My pot plants keep dying
5 main reasons why your Indoor pot plants keep dying.
- Lack of light
- Lack of water
- Too much water (if you stood in a cold puddle for days you’d be cheesed off too!)
- Dry Air, either from central heating or air conditioning
- Freezing to death on a cold windowsill behind the curtain
- The wrong type of water – yep; some plants don’t like tap water!
5 main reasons why your Outdoor pot plants keep dying.
- The pots are too dry
- They are too wet
- The plant is starving hungry
- Bugs or diseases are affecting the plant
- The plant is in the wrong type of pot.
Most of us have some plants that are growing in pots, but container growing is more tricky than growing plants in the soil.
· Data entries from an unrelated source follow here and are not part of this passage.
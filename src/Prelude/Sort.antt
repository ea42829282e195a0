-- ===== src/Prelude/Sort.antt =====
-- Rust's stable `sort_by` as an insertion sort: equal keys keep their order. `Vec::dedup`.
use Prim.Native.Nat.{suc}
use mathlib.Core.Path.{◌≡◌, refl, ap, ◌∙◌}
use mathlib.Core.Logic.{inl, inr}
use mathlib.Core.Bool.{Bool, true, false, ◌||◌}
use mathlib.Core.List.{List, [], ◌∷◌}
use native.Mathlib.Omega.{arith}
use semanticore.Prelude.Equality.{Eq, ◌==◌, ==_refl}
use semanticore.Prelude.Sets.{Distinct}
use semanticore.Prelude.Lists.{length, mem, All, All-map, All-mem, Pairs}
use semanticore.Prelude.Tests.{if◌then◌else◌, Bool-cases}

module _ {ℓ} {A : Type ℓ} (le : A → A → Bool) where
  unfoldable pub insert_sorted : A → List A → List A
  insert_sorted a [] = a ∷ []
  insert_sorted a (x ∷ xs) =
      let rest = insert_sorted a xs in if le a x then a ∷ x ∷ xs else x ∷ rest

  unfoldable pub sort_by : List A → List A
  unfolding insert_sorted
  sort_by [] = []
  sort_by (x ∷ xs) = insert_sorted x (sort_by xs)

  length-insert_sorted : (a : A) (xs : List A) → length (insert_sorted a xs) ≡ suc (length xs)
  unfolding insert_sorted
  length-insert_sorted a [] = refl
  length-insert_sorted a (x ∷ xs) = ground (arith, length-insert_sorted a xs)

  pub length-sort_by : (xs : List A) → length (sort_by xs) ≡ length xs
  unfolding sort_by
  length-sort_by [] = refl
  length-sort_by (x ∷ xs) = length-insert_sorted x (sort_by xs) ∙ ap suc (length-sort_by xs)

  -- What holds of every element holds of every element of the sorted list.
  All-insert_sorted {κ} :
      (P : A → Type κ) (a : A) (xs : List A) → P a → All P xs → All P (insert_sorted a xs)
  unfolding insert_sorted
  All-insert_sorted P a [] p h = (p, tt)
  All-insert_sorted P a (x ∷ xs) p h = elim (Bool-cases (le a x)) [
    | inl t ↦ rw t (p, h)
    | inr f ↦ rw f (h.0, All-insert_sorted P a xs p h.1)
  ]

  pub All-sort_by {κ} : (P : A → Type κ) (xs : List A) → All P xs → All P (sort_by xs)
  unfolding sort_by
  All-sort_by P [] h = tt
  All-sort_by P (x ∷ xs) h = All-insert_sorted P x (sort_by xs) h.0 (All-sort_by P xs h.1)

  -- A symmetric relation between any two elements holds between any two of the sorted list.
  Pairs-insert_sorted {κ} :
      (R : A → A → Type κ)
      → ((a b : A) → R a b → R b a)
      → (a : A) (xs : List A) → All (R a) xs
      → Pairs R xs
      → Pairs R (insert_sorted a xs)
  unfolding insert_sorted
  Pairs-insert_sorted R swap a [] h hs = (tt, tt)
  Pairs-insert_sorted R swap a (x ∷ xs) h hs = elim (Bool-cases (le a x)) [
    | inl t ↦ rw t (h, hs)
    | inr f ↦
        rw f (
          All-insert_sorted (R x) a xs (swap a x h.0) hs.0,
          Pairs-insert_sorted R swap a xs h.1 hs.1,
        )
  ]

  pub Pairs-sort_by {κ} :
      (R : A → A → Type κ)
      → ((a b : A) → R a b → R b a)
      → (xs : List A) → Pairs R xs
      → Pairs R (sort_by xs)
  unfolding sort_by
  Pairs-sort_by R swap [] h = tt
  Pairs-sort_by R swap (x ∷ xs) h =
      Pairs-insert_sorted R swap x (sort_by xs) (All-sort_by (R x) xs h.0)
        (Pairs-sort_by R swap xs h.1)

  -- With a total and transitive order the result is in order.
  module _ (total : (a b : A) → le a b ≡ false → le b a ≡ true)
      (trans : (a b c : A) → le a b ≡ true → le b c ≡ true → le a c ≡ true) where
    insert_sorted-Ordered :
        (a : A) (xs : List A)
        → Pairs (λ x y. le x y ≡ true) xs
        → Pairs (λ x y. le x y ≡ true) (insert_sorted a xs)
    unfolding insert_sorted
    insert_sorted-Ordered a [] h = (tt, tt)
    insert_sorted-Ordered a (x ∷ xs) h = elim (Bool-cases (le a x)) [
      | inl t ↦
          rw t
            ((t, All-map (λ y. le x y ≡ true) (λ y. le a y ≡ true) (λ y. trans a x y t) xs h.0), h)
      | inr f ↦ rw f (
        All-insert_sorted (λ y. le x y ≡ true) a xs (total a x f) h.0,
        insert_sorted-Ordered a xs h.1,
      )
    ]

    pub sort_by-Ordered : (xs : List A) → Pairs (λ x y. le x y ≡ true) (sort_by xs)
    unfolding sort_by
    sort_by-Ordered [] = tt
    sort_by-Ordered (x ∷ xs) = insert_sorted-Ordered x (sort_by xs) (sort_by-Ordered xs)

module _ {ℓ} {A : Type ℓ} ⦃e : Eq A⦄ where
  -- drops each element that equals the one before it
  unfoldable pub dedup : List A → List A
  dedup [] = []
  dedup (x ∷ []) = x ∷ []
  dedup (x ∷ y ∷ xs) = let rest = dedup (y ∷ xs) in if x == y then rest else x ∷ rest

  mem-insert_sorted :
      (le : A → A → Bool) (b a : A) (xs : List A)
      → mem b (insert_sorted le a xs) ≡ (b == a || mem b xs)
  unfolding insert_sorted mem
  mem-insert_sorted le b a [] = refl
  mem-insert_sorted le b a (x ∷ xs) = ground (arith, mem-insert_sorted le b a xs)

  pub mem-sort_by : (le : A → A → Bool) (b : A) (xs : List A) → mem b (sort_by le xs) ≡ mem b xs
  unfolding sort_by mem
  mem-sort_by le b [] = refl
  mem-sort_by le b (x ∷ xs) =
      ground (arith, mem-insert_sorted le b x (sort_by le xs), mem-sort_by le b xs)

  pub mem-dedup : (b : A) (xs : List A) → mem b (dedup xs) ≡ mem b xs
  unfolding dedup mem
  mem-dedup b [] = refl
  mem-dedup b (x ∷ []) = refl
  mem-dedup b (x ∷ y ∷ xs) = ground (arith, mem-dedup b (y ∷ xs))

  -- A list in an order that is antisymmetric has no element twice once neighbours differ.
  module _ (le : A → A → Bool) (antisym : (a b : A) → le a b ≡ true → le b a ≡ true → a ≡ b) where
    head_absent :
        (x y : A) (xs : List A)
        → (x == y) ≡ false
        → All (λ z. le x z ≡ true) (y ∷ xs)
        → All (λ z. le y z ≡ true) xs
        → mem x (y ∷ xs) ≡ false
    unfolding mem
    head_absent x y xs t hx hy = elim (Bool-cases (mem x xs)) [
      | inr f ↦ rw (t, f) refl
      | inl m ↦
          absurd
            (ground (arith, antisym x y hx.0 (All-mem (λ z. le y z ≡ true) x xs hy m), ==_refl x))
    ]

    pub dedup-Distinct : (xs : List A) → Pairs (λ a b. le a b ≡ true) xs → Distinct (dedup xs)
    unfolding dedup mem
    dedup-Distinct [] h = tt
    dedup-Distinct (x ∷ []) h = (refl, tt)
    dedup-Distinct (x ∷ y ∷ xs) h = elim (Bool-cases (x == y)) [
      | inl t ↦ rw t (dedup-Distinct (y ∷ xs) h.1)
      | inr t ↦
          rw t (mem-dedup x (y ∷ xs) ∙ head_absent x y xs t h.0 h.1.0, dedup-Distinct (y ∷ xs) h.1)
    ]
Plants did not evolve to grow in pots, so they do require more ‘gardening effort’ to keep them looking happy and healthy.
The main problem any pot plant faces though …. is us!
We plonk plants into any old pot, in any old compost and forget to water then. Then to make up for our neglect, we then stand them in a saucer of water for days and effectively drown them. On top of that, how many us really read the labels properly when applying plant food?
So are we really surprised our plants give up on us?
Plants are programmed to grow wherever the environment is most suited to them. We just make it more difficult for them to grow well!
So in order to make sure our plants don’t die in pots, we really need to ensure that us humans find it as easy and convenient as possible to look after them!
Visit the Shop to see our range of instant garden border designs – we really do make gardening easier!
Why plants die:
Lack of Water:
Ok two problems here, firstly, we all die of thirst pretty quickly, plants included; so stick your finger right into the soil in the pot and see if it’s wet. If not, water the soil (not the leaves) and count to at least 15 before you stop. You need to see water seeping out of the bottom of the pot to know water has gone right through.
The second problem though is that the soil has got so dry, all the water runs right through without ‘touching the sides’. You need to stand the pot in a bucket of water for a good half an hour so as the compost can absorb water and will expand to fill the pot, alternatively, add more compost to the pot and then water thoroughly.
Too much Water:
In essence the plant is drowning. The tips of the leaves start to turn brown and the plant wilts.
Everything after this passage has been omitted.